小児科医とは何か
概要
小児科医は、乳児・児童・思春期の患者を対象に診療を行う医師です。語源はギリシャ語の pais(子ども)と iatros(医師)に由来し、文字通り「子どもの治療者」を意味します。成人医療と同様に、一般診療だけでなく心臓病や腫瘍などの専門領域にも特化できます。
特徴
小児科医は成人医学と同様のサブスペシャリティが存在しますが、対象が子どもである点が唯一の違いです。たとえば、小児心臓専門医は先天性心疾患を、小児腫瘍専門医は白血病や肉腫といった子どもに多い癌を扱います。
歴史
小児医学の体系は9世紀のペルシャ医師ラゼスによる『子どもの疾病』に始まります。

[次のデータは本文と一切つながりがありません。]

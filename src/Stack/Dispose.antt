-- ===== src/Stack/Dispose.antt =====
-- `stack_init` and `stack_free`: what they obtain and give back.
use mathlib.Core.List.{reverse_aux}
use distibuted_sys.Base.{
  ℕ, zero, suc, ◌<◌, ◌≡◌, ◌≢◌, refl, Bool, true, false, Option, none, List, [], ◌∷◌, ◌&&◌, arith,
  if◌then◌else◌, length, replicate,
}
use distibuted_sys.Stack.{Ptr, null, StackNode, no_error, Memory, done, success, put}
use distibuted_sys.Stack.Hazard.{max_hazard_pointers}
use distibuted_sys.Stack.Lifetime.{
  Grants, stack_init, free_stack_nodes, free_reclaim_nodes, stack_free,
}
use distibuted_sys.Stack.Nodes.{
  Nodes, first, has, values, Linked, Linked-frame, Linked-put, IsStack,
}

-- The memory after `stack_init` with everything granted.
abbrev pub initialised : Bool → Memory → Memory
initialised has_destructor m = record m {
  stack_allocated = true;
  key_created = true;
  hazard_pointers = replicate max_hazard_pointers (record { id = 0; pointer = null });
  array_allocated = true;
  to_reclaim = null;
  has_destructor = has_destructor;
  reclaim_counter = 0;
  head = null;
  errno = no_error;
}

pub init-initialised :
    (grants : Grants) (stack_ptr : Ptr) (has_destructor : Bool) (m : Memory)
    → stack_ptr ≢ null
    → (grants.stack && (grants.key && grants.array)) ≡ true
    → stack_init grants stack_ptr has_destructor m ≡ done success (initialised has_destructor m)
unfolding stack_init
init-initialised grants stack_ptr has_destructor m there all = ground arith

pub initialised-IsStack :
    (has_destructor : Bool) (m : Memory) → IsStack (initialised has_destructor m) [] []
initialised-IsStack has_destructor m = record {
  head = refl;
  to_reclaim = refl;
  stack_linked = tt;
  reclaim_linked = tt;
  apart = λ a h. refl;
}

-- The nodes of `xs` are free, and the other addresses are as before.
pub record Gone (cell : Ptr → Option StackNode) (xs : Nodes) (c : Ptr → Option StackNode)
    : Type 0 where
  pub gone : (a : Ptr) → has xs a ≡ true → c a ≡ none
  pub same : (a : Ptr) → has xs a ≡ false → c a ≡ cell a

Gone-cons :
    {cell : Ptr → Option StackNode} (p : Ptr) (v : ℕ) {xs : Nodes} {c : Ptr → Option StackNode}
    → has xs p ≡ false
    → Gone (put cell p none) xs c
    → Gone cell ((p, v) ∷ xs) c
Gone-cons p v new g = record {
  gone = λ a h. ground (arith, g.gone a, g.same a);
  same = λ a h. ground (arith, g.same a);
}

-- What the destructor has been called for, the last first.
abbrev pub destroyed_after : Memory → Nodes → List ℕ
destroyed_after m xs = if m.has_destructor then reverse_aux (values xs) m.destroyed else m.destroyed

free_stack_nodes-Gone :
    (fuel : ℕ) (xs : Nodes) (m : Memory)
    → Linked m.cell xs
    → length xs < fuel
    → (c : Ptr → Option StackNode) × (free_stack_nodes fuel (first xs) m
        ≡ done tt (record m { cell = c; destroyed = destroyed_after m xs }))
      × Gone m.cell xs c
unfolding free_stack_nodes
free_stack_nodes-Gone zero xs m l h = absurd (omega arith)
free_stack_nodes-Gone (suc fuel) [] m l h =
    (m.cell, ground arith, record { gone = λ a i. cc; same = λ a i. refl })
free_stack_nodes-Gone (suc fuel) ((p, v) ∷ xs) m (ne, at, new, l) h =
    let m1 : Memory = record m {
      cell = put m.cell p none;
      destroyed = if m.has_destructor then v ∷ m.destroyed else m.destroyed;
    } in
    let (c, e, g) =
      free_stack_nodes-Gone fuel xs m1 (Linked-put m.cell xs p none l new) (omega arith) in
    (c, ground (arith, e), Gone-cons p v new g)

free_reclaim_nodes-Gone :
    (fuel : ℕ) (rs : Nodes) (m : Memory)
    → Linked m.cell rs
    → length rs < fuel
    → (c : Ptr → Option StackNode) × (free_reclaim_nodes fuel (first rs) m
        ≡ done tt (record m { cell = c }))
      × Gone m.cell rs c
unfolding free_reclaim_nodes
free_reclaim_nodes-Gone zero rs m l h = absurd (omega arith)
free_reclaim_nodes-Gone (suc fuel) [] m l h =
    (m.cell, refl, record { gone = λ a i. cc; same = λ a i. refl })
free_reclaim_nodes-Gone (suc fuel) ((p, v) ∷ rs) m (ne, at, new, l) h =
    let (c, e, g) =
      free_reclaim_nodes-Gone fuel rs (record m { cell = put m.cell p none })
        (Linked-put m.cell rs p none l new) (omega arith) in
    (c, ground (arith, e), Gone-cons p v new g)

-- `stack_free` frees every node of the stack and of the reclamation list and no other, once each,
-- and calls the destructor for each element of the stack, from the top.
pub free-Gone :
    (fuel : ℕ) (stack : Ptr) (m : Memory) (xs rs : Nodes)
    → IsStack m xs rs
    → stack ≢ null
    → length xs < fuel
    → length rs < fuel
    → (m' : Memory) × (stack_free fuel stack m ≡ done tt m')
      × ((a : Ptr) → has xs a ≡ true → m'.cell a ≡ none)
      × ((a : Ptr) → has rs a ≡ true → m'.cell a ≡ none)
      × ((a : Ptr) → has xs a ≡ false → has rs a ≡ false → m'.cell a ≡ m.cell a)
      × (m'.destroyed ≡ destroyed_after m xs)
      × (m'.stack_allocated ≡ false)
unfolding stack_free
free-Gone fuel stack m xs rs s there enough enough' =
    let (c, e, g) = free_stack_nodes-Gone fuel xs m s.stack_linked enough in
    let m1 : Memory = record m { cell = c; destroyed = destroyed_after m xs } in
    let (d, e', g') =
      free_reclaim_nodes-Gone fuel rs m1
        (Linked-frame rs s.reclaim_linked (λ a h. g.same a (ground (arith, s.apart a)))) enough' in
    (
      record m1 {
        cell = d;
        hazard_pointers = [];
        array_allocated = false;
        key_created = false;
        stack_allocated = false;
      },
      ground (arith, e, e', s.head, s.to_reclaim),
      λ a h. ground (arith, g.gone a, g'.same a, s.apart a),
      λ a h. g'.gone a h,
      λ a h h'. ground (arith, g.same a, g'.same a),
      refl,
      refl,
    )
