-- ===== src/Stack/Interleaved.antt =====
-- lab3/Stack.c: threads that call `stack_push` and `stack_pop`, interleaved at each access to what
-- they share. Each thread has its hazard pointer already, and NULL is not passed to the functions.
pub mod Zones
pub mod Atomic
pub mod Knowledge
pub mod Capture
pub mod Lists
pub mod Outcome
pub mod Pushes
pub mod Pops
pub mod Reclaims
pub mod Cleans
pub mod Steps
pub mod Simulation
pub mod Linear
pub mod Finite
pub mod Alone
pub mod Relist
pub mod Ending
pub mod Returns
mod Tests
use distibuted_sys.Base.{
  ℕ, suc, ◌+◌, ◌*◌, ◌%◌, ◌^◌, Bool, true, false, Option, none, some, List, [], ◌∷◌, ◌++◌, ◌==◌, ltb,
  leb, if◌then◌else◌,
}
use distibuted_sys.Base.Threads.{update}
use distibuted_sys.Stack.{
  Ptr, null, StackErrno, no_error, no_memory, no_element, Status, success, failure,
}
use distibuted_sys.Stack.Hazard.{max_hazard_pointers}
use distibuted_sys.Stack.Access.{yield_backoff}

-- The memory of the nodes, and the fields of `struct Stack`; thread `i` has the hazard pointer `i`.
-- Memory that is not allocated keeps what was in it.
pub record Shared : Type 0 where
  pub allocated : Ptr → Bool
  pub next : Ptr → Ptr
  pub value : Ptr → ℕ
  pub hazard : ℕ → Ptr
  pub to_reclaim : Ptr
  pub reclaim_counter : ℕ
  pub head : Ptr
  pub errno : StackErrno

-- What comes behind `add_to_reclaim_list`: in `stack_pop`, the counter; in
-- `delete_nodes_with_no_hazards`, the next node. Both carry the value at `place_to_pop`.
pub data Behind : Type 0 where
  counting : (value : ℕ) → Behind
  cleaning : (next : Ptr) (value : ℕ) → Behind

-- The access that a thread makes next, with its local variables.
pub data Place : Type 0 where
  idle : Place
  -- `stack_push`
  allocates : (value : ℕ) → Place
  loads_head : (new_node : Ptr) (backoff_counter : ℕ) → Place
  links : (new_node top : Ptr) (backoff_counter : ℕ) → Place
  swaps_in : (new_node top : Ptr) (backoff_counter : ℕ) → Place
  push_ends : Status → Place
  -- `stack_pop`
  loads_old : Place
  protects : (old_head : Ptr) → Place
  checks : (tmp : Ptr) → Place
  reads_next : (old_head : Ptr) → Place
  swaps_out : (old_head next : Ptr) → Place
  clears : (old_head : Ptr) → Place
  fails : Place
  copies : (old_head : Ptr) → Place
  counts : (value : ℕ) → Place
  resets : (value : ℕ) → Place
  pop_ends : Option ℕ → Place
  -- `add_to_reclaim_list`
  loads_reclaim : (node : Ptr) → Behind → Place
  links_reclaim : (node reclaim_head : Ptr) → Behind → Place
  swaps_reclaim : (node : Ptr) → Behind → Place
  -- `delete_nodes_with_no_hazards`
  takes : (value : ℕ) → Place
  cleans : (current : Ptr) (value : ℕ) → Place
  scans : (current next : Ptr) (hp_i value : ℕ) → Place

pub data Call : Type 0 where
  push : ℕ → Call
  pop : Call

-- What comes of a call: the result of `stack_push`, or the value popped, if there is one.
pub data Answer : Type 0 where
  pushed : Status → Answer
  popped : Option ℕ → Answer

-- What the outside does in a step: which call an idle thread makes, the address that `malloc` gives,
-- and whether a weak compare-exchange fails for no reason.
pub record Input : Type 0 where
  pub call : Call
  pub fresh : Ptr
  pub spurious : Bool

-- `malloc` gives memory that is not allocated, or NULL.
abbrev pub granted : (Ptr → Bool) → Ptr → Ptr
granted allocated p = if p == null then null else if allocated p then null else p

abbrev pub begins : Call → Place
begins (push v) = allocates v
begins pop = loads_old

abbrev pub goes_on : Behind → Place
goes_on (counting v) = counts v
goes_on (cleaning next v) = cleans next v

-- A pointer is followed only to allocated memory.
abbrev pub follow : Shared → Ptr → Shared × Place → Option (Shared × Place)
follow s p r = if s.allocated p then some r else none

-- The weak compare-exchange of `add_to_reclaim_list`: on failure the node's `next` gets the value found.
abbrev pub exchanges_reclaim : Bool → Shared → Ptr → Behind → Shared × Place
exchanges_reclaim spurious s p k =
    if spurious
    then (record s { next = update s.next p s.to_reclaim }, loads_reclaim p k)
    else if s.to_reclaim == s.next p
    then (record s { to_reclaim = p }, goes_on k)
    else (record s { next = update s.next p s.to_reclaim }, loads_reclaim p k)

-- One round of `outstanding_hazard_pointers_for`, or what follows its last round.
abbrev pub scans_hazards : Shared → Ptr → Ptr → ℕ → ℕ → Option (Shared × Place)
scans_hazards s current next hp_i v =
    if ltb hp_i max_hazard_pointers
    then some (
      s,
      if s.hazard hp_i == current
          then loads_reclaim current (cleaning next v)
          else scans current next (suc hp_i) v,
    )
    else follow s current (record s { allocated = update s.allocated current false }, cleans next v)

-- One access of thread `i`; `none` is an access to memory that is not allocated.
unfoldable pub step : Input → ℕ → Shared → Place → Option (Shared × Place)
step input i s idle = some (s, begins input.call)
step input i s (allocates v) =
    let p = granted s.allocated input.fresh in
    if p == null
    then some (record s { errno = no_memory }, push_ends failure)
    else some (
      record s { allocated = update s.allocated p true; value = update s.value p v },
      loads_head p 0,
    )
step input i s (loads_head p c) = some (s, links p s.head (if c == yield_backoff then 0 else c))
step input i s (links p top c) =
    follow s p (record s { next = update s.next p top }, swaps_in p top ((c + 1) % 2 ^ 32))
step input i s (swaps_in p top c) =
    some (if s.head == top then (record s { head = p }, push_ends success) else (s, loads_head p c))
step input i s (push_ends r) = some (s, idle)
step input i s loads_old = some (s, protects s.head)
step input i s (protects old) = some (record s { hazard = update s.hazard i old }, checks old)
step input i s (checks tmp) = some (
  s,
  if s.head == tmp then (if tmp == null then clears null else reads_next tmp) else protects s.head,
)
step input i s (reads_next old) = follow s old (s, swaps_out old (s.next old))
step input i s (swaps_out old next) =
    some (if s.head == old then (record s { head = next }, clears old) else (s, loads_old))
step input i s (clears old) =
    some (record s { hazard = update s.hazard i null }, if old == null then fails else copies old)
step input i s fails = some (record s { errno = no_element }, pop_ends none)
step input i s (copies old) = follow s old (s, loads_reclaim old (counting (s.value old)))
step input i s (counts v) =
    let c = (s.reclaim_counter + 1) % 2 ^ 32 in
    some (
      record s { reclaim_counter = c },
      if leb (2 * max_hazard_pointers) c then resets v else pop_ends (some v),
    )
step input i s (resets v) = some (record s { reclaim_counter = 0 }, takes v)
step input i s (pop_ends o) = some (s, idle)
step input i s (loads_reclaim p k) = some (s, links_reclaim p s.to_reclaim k)
step input i s (links_reclaim p r k) =
    follow s p (record s { next = update s.next p r }, swaps_reclaim p k)
step input i s (swaps_reclaim p k) = follow s p (exchanges_reclaim input.spurious s p k)
step input i s (takes v) = some (record s { to_reclaim = null }, cleans s.to_reclaim v)
step input i s (cleans current v) =
    if current == null
    then some (s, pop_ends (some v))
    else follow s current (s, scans current (s.next current) 0 v)
step input i s (scans current next hp_i v) = scans_hazards s current next hp_i v

-- What a caller sees.
pub data Event : Type 0 where
  called : ℕ → Call → Event
  returned : ℕ → Answer → Event

abbrev pub event : Input → ℕ → Place → List Event
event input i idle = called i input.call ∷ []
event input i (push_ends r) = returned i (pushed r) ∷ []
event input i (pop_ends o) = returned i (popped o) ∷ []
event input i _ = []

pub record System : Type 0 where
  pub shared : Shared
  pub place : ℕ → Place

-- A step of the thread that moves next; there are as many as there are hazard pointers.
unfoldable pub turn : ℕ × Input → System → Option (System × List Event)
turn (i, input) s =
    if ltb i max_hazard_pointers
    then (elim (step input i s.shared (s.place i)) [
      | none ↦ none
      | some (m, p) ↦
          some (record { shared = m; place = update s.place i p }, event input i (s.place i))
    ])
    else some (s, [])

-- The steps of a schedule, one after the other, with all that the callers see.
unfoldable pub runs {ℓ κ} :
    {E : Type ℓ} {S : Type κ}
    → (E → S → Option (S × List Event))
    → List E
    → S
    → Option (S × List Event)
runs move [] s = some (s, [])
runs move (e ∷ es) s = elim (move e s) [
  | none ↦ none
  | some (s', here) ↦ elim (runs move es s') [
    | none ↦ none
    | some (s'', later) ↦ some (s'', here ++ later)
  ]
]

-- After `stack_init`: no node is allocated, and no thread has called yet.
abbrev pub start : System
start = record {
  shared = record {
    allocated = λ p. false;
    next = λ p. null;
    value = λ p. 0;
    hazard = λ i. null;
    to_reclaim = null;
    reclaim_counter = 0;
    head = null;
    errno = no_error;
  };
  place = λ i. idle;
}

彼の師匠アリ・イブン・サールは『Firdous Al-Himakh』で子どもの発達について記述しました。1530年にはトマス・フェアが西欧初の小児医学書を出版し、1852年にイングランドで設立された『Hospital for Sick Children』は英語圏最古の小児病院です。米国ではドイツ系医師エイブラハム・ジャコビが小児科の父と称されています。
教育・資格
小児科医になるまでの一般的な道のりは、学部でのプレメディカル課程(4年)+医学部(4年)+小児インターンシップ(1年)+小児レジデンシー(2年)です。専門分野を目指す場合はさらに数年の研修が必要です。英国やその他英連邦諸国では、医学部課程が4〜6年で、学部卒業後に2年間の一般臨床研修と6年以上の小児専門研修が続きます。
地域差
米国と英国では小児科医の役割や研修体系に違いがあります。米国では小児科医が一次診療の主担当となり、緊急診療や専門医への紹介も行います。英国ではまず一般医学の学位取得後、2年間の一般臨床研修を経て、6年以上にわたる小児専門研修へと進みます。